We'll see where this goes.


----------



## Rahgnar.s (Jul 5, 2022)

I have tons of this growing wild in my backyard. Can't wait to see how it turns out for you.


----------



## VinesnBines (Jul 5, 2022)

BigDaveK said:


> There's also an "herbal" element.


I have no idea if this would work with anything other than grapes; to remove the herbal, grassy flavor in Cab Franc, you use milk (casein). This article is a useful primmer on fining agents. Fining Agents - The Australian Wine Research Institute


----------



## BigDaveK (Jul 5, 2022)

VinesnBines said:


> I have no idea if this would work with anything other than grapes; to remove the herbal, grassy flavor in Cab Franc, you use milk (casein). This article is a useful primmer on fining agents. Fining Agents - The Australian Wine Research Institute


Thanks! I saved the article as a PDF.
The lemon balm is kind of strong so maybe I used too much. I'll see how it tastes when I rack.


----------



## BigDaveK (Aug 16, 2022)

First rack from secondary.
Good lemon flavor so far. It's more of an herbal lemon than fruit lemon taste, if that makes sense.
I may try the lemon balm with other ingredients next year. I think it could add some complexity in smaller doses.


----------



## Snafflebit (Aug 16, 2022)

Your wine shed must look like a mad scientist’s laboratory
Do you have a jar of eyeballs somewhere?


----------



## Rahgnar.s (Aug 16, 2022)

Snafflebit said:


> Your wine shed must look like a mad scientist’s laboratory
> Do you have a jar of eyeballs somewhere?


Eyeball wine sounds like it would be great for Halloween!


----------



## winemaker81 (Aug 16, 2022)

Snafflebit said:


> Your wine shed must look like a mad scientist’s laboratory


Mine looks like a medieval alchemist's shop.


----------



## winemanden (Aug 16, 2022)

winemaker81 said:


> Mine looks like a medieval alchemist's shop.


Have you found that STONE?


----------



## Terryfirma (Oct 17, 2022)

2 years ago I mixed my Lemon Balm with Strawberry to ferment- but I just never like a Strawberry Wine.  It’s dry and potent, but I wish I had left it with just the Lemon Balm. 
I was worried it wouldn’t have flavor. 
It’s on my list for next Spring. I noticed after it flowers in the hot Summer, it has a fall surge. I’m going to taste to see where it is now?. Lemon Balm Sumac might be a really good combo? Happy fermenting.


----------



## BigDaveK (Oct 17, 2022)

Terryfirma said:


> 2 years ago I mixed my Lemon Balm with Strawberry to ferment- but I just never like a Strawberry Wine.  It’s dry and potent, but I wish I had left it with just the Lemon Balm.
> I was worried it wouldn’t have flavor.
> It’s on my list for next Spring. I noticed after it flowers in the hot Summer, it has a fall surge. I’m going to taste to see where it is now?. Lemon Balm Sumac might be a really good combo? Happy fermenting.

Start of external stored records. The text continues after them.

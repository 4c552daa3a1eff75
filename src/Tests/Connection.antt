-- ===== src/Tests/Connection.antt =====
-- The connection at concrete inputs.
use titlani.Base.{true, false, List, [], ◌∷◌, ◌++◌, some, length, ok, ◌≡◌, refl, arith, ap}
use titlani.Str.Core.{Text, Bytes, codes}
use titlani.Str.Split.{split_crlf}
use titlani.Protocol.Request.{MisfinRequest, from_header, of_header}
use titlani.Server.Connection.{
  Peer, Connection, awaitable, await_handler, connection_made, receive_all, process_request,
}
use titlani.Server.Connection.Chunks.{complete, IsIdle, receive_all-complete, receive_all-IsIdle}
use titlani.Server.Connection.Again.{IsServing, starts, receive_all-again}
use titlani.Tests.Machine.{handlers, machine}

abbrev Cert : Type 0
Cert = Text × Text × Text

abbrev peer : Peer Cert
peer = record {
  message_handler = λ r. awaitable;
  middleware = false;
  loop_running = true;
  certificate = some (codes "u", codes "h", codes "U");
  error_text = λ e. [];
}

abbrev line : Bytes
line = codes "misfin://a@b\t3"

abbrev body : Bytes
body = codes "hi\n"

abbrev stream : Bytes
stream = line ++ b'\r' ∷ b'\n' ∷ body

abbrev chunks : List Bytes
chunks = codes "misfin://a@b\t3\r" ∷ codes "\nh" ∷ codes "i\n" ∷ []

abbrev request : MisfinRequest Cert
request = of_header (codes "a") (codes "b") 3 line

parsed : from_header {Cert = Cert} line ≡ ok request
unfolding handlers
parsed = refl

whole : split_crlf stream ≡ some (line, body)
unfolding handlers
whole = refl

sized : request.content_length ≡ length body
unfolding handlers
sized = refl

receive_all-complete_example :
    receive_all machine peer (connection_made machine peer) chunks
    ≡ process_request machine peer
        (complete machine peer line body request parsed sized (λ q. omega (arith, ap length q)))
receive_all-complete_example =
    receive_all-complete machine peer line body request parsed sized
      (λ q. omega (arith, ap length q)) stream chunks whole
      (
        (λ q. omega (arith, ap length q)),
        ((λ q. omega (arith, ap length q)), ((λ q. omega (arith, ap length q)), tt)),
      )
      refl

receive_all-IsIdle_example :
    IsIdle machine peer line body request parsed sized
      (λ q. omega (arith, ap length q))
      (receive_all machine peer
        (connection_made machine peer)
        (codes "misfin://a@b\t3\r" ∷ codes "\nh" ∷ []))
receive_all-IsIdle_example =
    receive_all-IsIdle machine peer line body request parsed sized (λ q. omega (arith, ap length q))
      stream (codes "i\n") (codes "misfin://a@b\t3\r" ∷ codes "\nh" ∷ []) whole
      (λ q. omega (arith, ap length q)) refl

-- the connection after the request
abbrev finished : Connection Cert
finished = record (connection_made machine peer) {
  buffer = body;
  timeout_armed = false;
  request = some (record request { raw_message = body });
  header_received = true;
  awaiting_body = true;
  received_first_byte = true;
  jobs = await_handler (record request { raw_message = body }) ∷ [];
}

finished-IsServing : IsServing machine peer finished (record request { raw_message = body })
finished-IsServing = record {
  headed = refl;
  awaiting = refl;
  held = refl;
  sized = sized;
  rest = [];
  spelled = refl;
}

receive_all-again_example :
    (receive_all machine peer finished (codes "x" ∷ codes "y" ∷ [])).jobs
    ≡ finished.jobs
      ++ starts machine peer (record request { raw_message = body }) (codes "x" ∷ codes "y" ∷ [])
receive_all-again_example =
    receive_all-again machine peer finished (record request { raw_message = body })
      (codes "x" ∷ codes "y" ∷ []) refl refl refl finished-IsServing
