-- ===== src/Tests/Encryption.antt =====
-- The encryption at concrete inputs, with a cipher that hides nothing.
use titlani.Base.{
  ℕ, ◌+◌, ◌-◌, [], ◌∷◌, ◌++◌, Option, none, some, length, length-append, take, ok, ◌≡◌, refl, ap,
  arith,
}
use titlani.Str.Core.{Bytes, codes}
use titlani.Server.State.{insert}
use titlani.Encryption.{
  x25519, Crypto, EncryptionManager, no_keys, load_key_for_mailbox, encrypt, decrypt,
  decrypt_with_key,
}
use titlani.Encryption.RoundTrip.{CryptoLaws, take-append_length, decrypt-encrypt}

abbrev padding : Bytes
padding = codes "0123456789abcdef"

abbrev first_byte : Bytes → Option ℕ
first_byte [] = none
first_byte (b ∷ bs) = some b

abbrev toy : Crypto
toy = record {
  PrivateKey = ℕ;
  PublicKey = ℕ;
  public_key = λ k. k;
  public_bytes = λ k. k ∷ codes "123456789012345" ++ padding;
  from_public_bytes = first_byte;
  exchange = λ a b. some ((a + b) ∷ []);
  derive_symmetric_key = λ s. s;
  aead_encrypt = λ key nonce plain. plain ++ padding;
  aead_decrypt = λ key nonce cipher. some (take (length cipher - 16) cipher);
}

toy_opens : (plain : Bytes) → take (length (plain ++ padding) - 16) (plain ++ padding) ≡ plain
toy_opens plain =
    take-append_length (length (plain ++ padding) - 16) plain padding
      (omega (arith, length-append plain padding))

abbrev toy_laws : CryptoLaws toy
toy_laws = record {
  raw_size = λ k. refl;
  reads_back = λ k. refl;
  agrees = λ a b. ((a + b) ∷ [], refl, ap (λ n. some (n ∷ [])) (omega arith));
  sealed_size = λ key nonce plain. length-append plain padding;
  opens = λ key nonce plain. ap some (toy_opens plain);
}

abbrev nonce : Bytes
nonce = codes "abcdefghijkl"

abbrev loaded : EncryptionManager toy
loaded = record { private_keys = (codes "m", 7) ∷ []; public_keys = (codes "m", 7) ∷ [] }

loads : load_key_for_mailbox toy (no_keys toy) (codes "m") (x25519 7) ≡ ok loaded
unfolding load_key_for_mailbox insert
loads = refl

decrypt-encrypt_example :
    (token : Bytes) × (encrypt toy loaded 9 nonce (codes "m") (codes "hello") ≡ ok token)
    × (length token ≡ length (codes "hello") + 60)
    × (decrypt toy loaded (codes "m") token ≡ ok (codes "hello"))
    × (decrypt_with_key toy (x25519 7) token ≡ ok (codes "hello"))
decrypt-encrypt_example =
    decrypt-encrypt toy toy_laws (no_keys toy) (codes "m") 7 9 nonce (codes "hello") loads refl
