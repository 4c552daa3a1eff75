-- ===== src/Tests/Gmap.antt =====
-- The index of a mailbox at concrete inputs.
use titlani.Base.{true, false, [], ◌∷◌, none, some, ◌≡◌, refl, ok, err}
use titlani.Str.Core.{codes}
use titlani.Server.Lists.{in_list}
use titlani.Server.State.{lookup}
use titlani.Gmap.Mailbox.{
  MessageEntry, GmapMailbox, valid_tag, is_trashed, list_by_tag, add_tag, handle_delete,
  has_message, remove, delete_message, text_reply, reply, is_a_directory,
}
use titlani.Gmap.Mailbox.Delete.{DeleteAnswer, handle_delete-DeleteAnswer}
use titlani.Gmap.Mailbox.Tags.{list_by_tag-add_tag}
use titlani.Tests.Run.{texts}

abbrev inbox : MessageEntry
inbox = record { tags = codes "Inbox" ∷ []; timestamp = []; filename = codes "a.gemmail" }

abbrev gone : MessageEntry
gone = record { tags = codes "Trash" ∷ []; timestamp = []; filename = codes "b.gemmail" }

abbrev box : GmapMailbox
box = record {
  messages = (codes "a", inbox) ∷ (codes "b", gone) ∷ [];
  files = (codes "a.gemmail", codes "x") ∷ (codes "b.gemmail", codes "y") ∷ [];
}

found : lookup (codes "a") box.messages ≡ some inbox
unfolding texts lookup
found = refl

kept : is_trashed inbox ≡ false
unfolding texts is_trashed in_list
kept = refl

-- the pattern also lets a line feed stand at the end
valid :
    (valid_tag (codes "Work") ≡ true) × (valid_tag (codes "Work\n") ≡ true) × (valid_tag [] ≡ false)
unfolding valid_tag
valid = (refl, refl, refl)

list_by_tag-add_tag_example :
    in_list (codes "a") (list_by_tag (add_tag box (codes "a") (codes "Work")).1 (codes "Work") none)
    ≡ true
list_by_tag-add_tag_example =
    list_by_tag-add_tag box (codes "a") (codes "Work") inbox found kept valid.0

handle_delete-DeleteAnswer_example : DeleteAnswer box (codes "b") (handle_delete (codes "b") box)
handle_delete-DeleteAnswer_example = handle_delete-DeleteAnswer box (codes "b")

-- an entry with no file name, as an index without the field gives it
abbrev nameless : GmapMailbox
nameless = record { messages = (codes "b", record gone { filename = [] }) ∷ []; files = [] }

deletions :
    (handle_delete (codes "b") box
      ≡ ok (
        text_reply (codes "Message deleted"),
        record { messages = (codes "a", inbox) ∷ []; files = (codes "a.gemmail", codes "x") ∷ [] },
      ))
    × (handle_delete (codes "a") box ≡ ok (reply 51 (codes "Message not in Trash"), box))
    × (handle_delete (codes "b") nameless ≡ err is_a_directory)
unfolding texts lookup has_message is_trashed in_list remove delete_message handle_delete
deletions = (refl, refl, refl)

As a gardener I hate lemon balm - I can't get rid of it. Keeps popping up everywhere. If my wine turns out well my disdain may be tempered a bit and I'll accept it...but I don't think I'll ever welcome it.


----------



## winemaker81 (Oct 17, 2022)

BigDaveK said:


> As a gardener I hate lemon balm - I can't get rid of it. Keeps popping up everywhere. If my wine turns out well my disdain may be tempered a bit and I'll accept it...but I don't think I'll ever welcome it.


Look at it differently -- if the Lemon Balm comes out good, it gives you reason to be diligent in picking what's growing in inconvenient places!


----------



## BigDaveK (Oct 18, 2022)

winemaker81 said:


> Look at it differently -- if the Lemon Balm comes out good, it gives you reason to be diligent in picking what's growing in inconvenient places!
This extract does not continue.